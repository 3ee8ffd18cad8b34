-- ===== src/Drivers/Sandbox.antt =====
-- src/drivers/lua/sandbox.cpp and sandbox.hpp: the allocator of a Lua state with its ceiling, the
-- instruction hook, and `create`. Sizes and addresses are 64-bit words. `malloc` and `realloc` are
-- the system's: whether they return a block is a parameter. A time is a count of nanoseconds. The
-- `int64_t` counter of instructions stops at 0 here; the source, which only asks whether it is at
-- most 0 after it has counted down, counts on below 0.
pub mod Heap
pub mod Layout
pub mod Hook
use ezcap.Base.{
  ℕ, suc, ◌+◌, ◌-◌, ◌*◌, ◌%◌, ◌^◌, Bool, true, false, not, ◌&&◌, List, [], ◌∷◌, ltb, leb, ◌==◌,
  if◌then◌else◌,
}

pub record SandboxBudgets : Type 0 where
  pub max_memory_bytes : ℕ
  pub max_string_bytes : ℕ
  pub max_instructions : ℕ
  pub wall_clock_ms : ℕ

-- The members' initialisers.
abbrev pub default_budgets : SandboxBudgets
default_budgets = record {
  max_memory_bytes = 1024 * 1024;
  max_string_bytes = 8 * 1024;
  max_instructions = 2000000;
  wall_clock_ms = 200;
}

pub record AllocContext : Type 0 where
  pub ceiling_bytes : ℕ
  pub used_bytes : ℕ
  pub exhausted : Bool

-- `a + b` and `a - b` on `std::size_t`.
unfoldable pub add_size : ℕ → ℕ → ℕ
add_size a b = (a + b) % 2 ^ 64

unfoldable pub sub_size : ℕ → ℕ → ℕ
sub_size a b = (a + 2 ^ 64 - b) % 2 ^ 64

-- What an allocator call returns (a block or nullptr), with the context after it.
abbrev pub Answer : Type 0
Answer = Bool × AllocContext

abbrev refuse : AllocContext → Answer
refuse ctx = (false, record ctx { exhausted = true })

unfoldable pub free_block : AllocContext → Bool → ℕ → Answer
unfolding sub_size
free_block ctx is_null osize =
    (false, if is_null then ctx else record ctx { used_bytes = sub_size ctx.used_bytes osize })

unfoldable pub new_block : Bool → AllocContext → ℕ → Answer
unfolding add_size
new_block system ctx nsize =
    if ltb ctx.ceiling_bytes (add_size ctx.used_bytes nsize)
    then refuse ctx
    else if system
    then (true, record ctx { used_bytes = add_size ctx.used_bytes nsize })
    else (false, ctx)

abbrev resized_bytes : ℕ → ℕ → ℕ → ℕ
resized_bytes used osize nsize =
    if ltb osize nsize then add_size used (nsize - osize) else sub_size used (osize - nsize)

unfoldable pub resize_block : Bool → AllocContext → ℕ → ℕ → Answer
unfolding add_size sub_size
resize_block system ctx osize nsize =
    if ltb osize nsize && ltb ctx.ceiling_bytes (add_size ctx.used_bytes (nsize - osize))
    then refuse ctx
    else if system
    then (true, record ctx { used_bytes = resized_bytes ctx.used_bytes osize nsize })
    else (false, ctx)

-- `system` says whether the system has the block; `is_null` is `ptr == nullptr`.
unfoldable pub budget_alloc : Bool → AllocContext → Bool → ℕ → ℕ → Answer
unfolding free_block new_block resize_block
budget_alloc system ctx is_null osize nsize =
    if nsize == 0
    then free_block ctx is_null osize
    else if is_null
    then new_block system ctx nsize
    else resize_block system ctx osize nsize

-- The userdata of a state; `sandbox` is an address, `deadline` and the clock are times.
pub record StateData : Type 0 where
  pub sandbox : ℕ
  pub alloc : AllocContext
  pub instructions_remaining : ℕ
  pub deadline : ℕ
  pub in_callback : Bool

abbrev pub new_state_data : StateData
new_state_data = record {
  sandbox = 0;
  alloc = record { ceiling_bytes = 0; used_bytes = 0; exhausted = false };
  instructions_remaining = 0;
  deadline = 0;
  in_callback = false;
}

-- What `static_cast<AllocContext*>(ud)` reads where `ud` points to a `StateData`: its first three
-- words, `sandbox` and the first two of `alloc`; the Boolean is one byte, the lowest.
unfoldable pub as_context : StateData → AllocContext
as_context d = record {
  ceiling_bytes = d.sandbox;
  used_bytes = d.alloc.ceiling_bytes;
  exhausted = not (d.alloc.used_bytes % 256 == 0);
}

-- What `create` has set when it calls `lua_newstate`.
abbrev pub prepared : SandboxBudgets → StateData
prepared budgets = record new_state_data {
  alloc = record new_state_data.alloc { ceiling_bytes = budgets.max_memory_bytes };
}

-- `create`, up to the null test of `lua_newstate`: the library asks the allocator, with the userdata
-- that it was given, for a block of `first` bytes, and returns nullptr if it has none. `later` says
-- whether the rest of the library's work, and of `create`, succeeds.
unfoldable pub create : SandboxBudgets → ℕ → Bool → Bool → Bool
unfolding budget_alloc as_context
create budgets first system later =
    if (budget_alloc system (as_context (prepared budgets)) true 0 first).0 then later else false

unfoldable pub begin_callback : SandboxBudgets → ℕ → StateData → StateData
begin_callback budgets now d = record d {
  instructions_remaining = budgets.max_instructions;
  deadline = now + budgets.wall_clock_ms * 1000000;
  in_callback = true;
}

unfoldable pub end_callback : StateData → StateData
end_callback d = record d { in_callback = false }

-- One call of the hook at time `now`, with whether it marks the sandbox as aborted and raises.
unfoldable pub instruction_hook : ℕ → StateData → StateData × Bool
instruction_hook now d =
    let counted = record d { instructions_remaining = d.instructions_remaining - 1 } in
    if not d.in_callback
    then (d, false)
    else if leb d.instructions_remaining 1
    then (counted, true)
    else if ltb d.deadline now
    then (counted, true)
    else (counted, false)

-- The hook's calls at the times of `clock`, with whether each raised. An error that is raised ends
-- the callback only if nothing catches it: a script that called through `pcall` runs on, and the
-- hook is called again.
unfoldable pub run_hooks : List ℕ → StateData → StateData × List Bool
unfolding instruction_hook
run_hooks [] d = (d, [])
run_hooks (now ∷ clock) d =
    let (after, raised) = instruction_hook now d in
    let (last, all_raised) = run_hooks clock after in (last, raised ∷ all_raised)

● **WHAT TO PRODUCE**
Each record above should be reproduced in full, exactly as it stands.

● **TASK OUTPUT**
repository 3ee8ffd18cad8b34
-- ===== src/Drivers/Sandbox.antt =====
-- src/drivers/lua/sandbox.cpp and sandbox.hpp: the allocator of a Lua state with its ceiling, the
-- instruction hook, and `create`. Sizes and addresses are 64-bit words. `malloc` and `realloc` are
-- the system's: whether they return a block is a parameter. A time is a count of nanoseconds. The
-- `int64_t` counter of instructions stops at 0 here; the source, which only asks whether it is at
-- most 0 after it has counted down, counts on below 0.
pub mod Heap
pub mod Layout
pub mod Hook
use ezcap.Base.{
  ℕ, suc, ◌+◌, ◌-◌, ◌*◌, ◌%◌, ◌^◌, Bool, true, false, not, ◌&&◌, List, [], ◌∷◌, ltb, leb, ◌==◌,
  if◌then◌else◌,
}

pub record SandboxBudgets : Type 0 where
  pub max_memory_bytes : ℕ
  pub max_string_bytes : ℕ
  pub max_instructions : ℕ
  pub wall_clock_ms : ℕ

-- The members' initialisers.
abbrev pub default_budgets : SandboxBudgets
default_budgets = record {
  max_memory_bytes = 1024 * 1024;
  max_string_bytes = 8 * 1024;
  max_instructions = 2000000;
  wall_clock_ms = 200;
}

pub record AllocContext : Type 0 where
  pub ceiling_bytes : ℕ
  pub used_bytes : ℕ
  pub exhausted : Bool

-- `a + b` and `a - b` on `std::size_t`.
unfoldable pub add_size : ℕ → ℕ → ℕ
add_size a b = (a + b) % 2 ^ 64

unfoldable pub sub_size : ℕ → ℕ → ℕ
sub_size a b = (a + 2 ^ 64 - b) % 2 ^ 64

-- What an allocator call returns (a block or nullptr), with the context after it.
abbrev pub Answer : Type 0
Answer = Bool × AllocContext

abbrev refuse : AllocContext → Answer
refuse ctx = (false, record ctx { exhausted = true })

unfoldable pub free_block : AllocContext → Bool → ℕ → Answer
unfolding sub_size
free_block ctx is_null osize =
    (false, if is_null then ctx else record ctx { used_bytes = sub_size ctx.used_bytes osize })

unfoldable pub new_block : Bool → AllocContext → ℕ → Answer
unfolding add_size
new_block system ctx nsize =
    if ltb ctx.ceiling_bytes (add_size ctx.used_bytes nsize)
    then refuse ctx
    else if system
    then (true, record ctx { used_bytes = add_size ctx.used_bytes nsize })
    else (false, ctx)

abbrev resized_bytes : ℕ → ℕ → ℕ → ℕ
resized_bytes used osize nsize =
    if ltb osize nsize then add_size used (nsize - osize) else sub_size used (osize - nsize)

unfoldable pub resize_block : Bool → AllocContext → ℕ → ℕ → Answer
unfolding add_size sub_size
resize_block system ctx osize nsize =
    if ltb osize nsize && ltb ctx.ceiling_bytes (add_size ctx.used_bytes (nsize - osize))
    then refuse ctx
    else if system
    then (true, record ctx { used_bytes = resized_bytes ctx.used_bytes osize nsize })
    else (false, ctx)

-- `system` says whether the system has the block; `is_null` is `ptr == nullptr`.
unfoldable pub budget_alloc : Bool → AllocContext → Bool → ℕ → ℕ → Answer
unfolding free_block new_block resize_block
budget_alloc system ctx is_null osize nsize =
    if nsize == 0
    then free_block ctx is_null osize
    else if is_null
    then new_block system ctx nsize
    else resize_block system ctx osize nsize

-- The userdata of a state; `sandbox` is an address, `deadline` and the clock are times.
pub record StateData : Type 0 where
  pub sandbox : ℕ
  pub alloc : AllocContext
  pub instructions_remaining : ℕ
  pub deadline : ℕ
  pub in_callback : Bool

abbrev pub new_state_data : StateData
new_state_data = record {
  sandbox = 0;
  alloc = record { ceiling_bytes = 0; used_bytes = 0; exhausted = false };
  instructions_remaining = 0;
  deadline = 0;
  in_callback = false;
}

-- What `static_cast<AllocContext*>(ud)` reads where `ud` points to a `StateData`: its first three
-- words, `sandbox` and the first two of `alloc`; the Boolean is one byte, the lowest.
unfoldable pub as_context : StateData → AllocContext
as_context d = record {
  ceiling_bytes = d.sandbox;
  used_bytes = d.alloc.ceiling_bytes;
  exhausted = not (d.alloc.used_bytes % 256 == 0);
}

-- What `create` has set when it calls `lua_newstate`.
abbrev pub prepared : SandboxBudgets → StateData
prepared budgets = record new_state_data {
  alloc = record new_state_data.alloc { ceiling_bytes = budgets.max_memory_bytes };
}

-- `create`, up to the null test of `lua_newstate`: the library asks the allocator, with the userdata
-- that it was given, for a block of `first` bytes, and returns nullptr if it has none. `later` says
-- whether the rest of the library's work, and of `create`, succeeds.
unfoldable pub create : SandboxBudgets → ℕ → Bool → Bool → Bool
unfolding budget_alloc as_context
create budgets first system later =
    if (budget_alloc system (as_context (prepared budgets)) true 0 first).0 then later else false

unfoldable pub begin_callback : SandboxBudgets → ℕ → StateData → StateData
begin_callback budgets now d = record d {
  instructions_remaining = budgets.max_instructions;
  deadline = now + budgets.wall_clock_ms * 1000000;
  in_callback = true;
}

unfoldable pub end_callback : StateData → StateData
end_callback d = record d { in_callback = false }

-- One call of the hook at time `now`, with whether it marks the sandbox as aborted and raises.
unfoldable pub instruction_hook : ℕ → StateData → StateData × Bool
instruction_hook now d =
    let counted = record d { instructions_remaining = d.instructions_remaining - 1 } in
    if not d.in_callback
    then (d, false)
    else if leb d.instructions_remaining 1
    then (counted, true)
    else if ltb d.deadline now
    then (counted, true)
    else (counted, false)

-- The hook's calls at the times of `clock`, with whether each raised. An error that is raised ends
-- the callback only if nothing catches it: a script that called through `pcall` runs on, and the
-- hook is called again.
unfoldable pub run_hooks : List ℕ → StateData → StateData × List Bool
unfolding instruction_hook
run_hooks [] d = (d, [])
run_hooks (now ∷ clock) d =
    let (after, raised) = instruction_hook now d in
    let (last, all_raised) = run_hooks clock after in (last, raised ∷ all_raised)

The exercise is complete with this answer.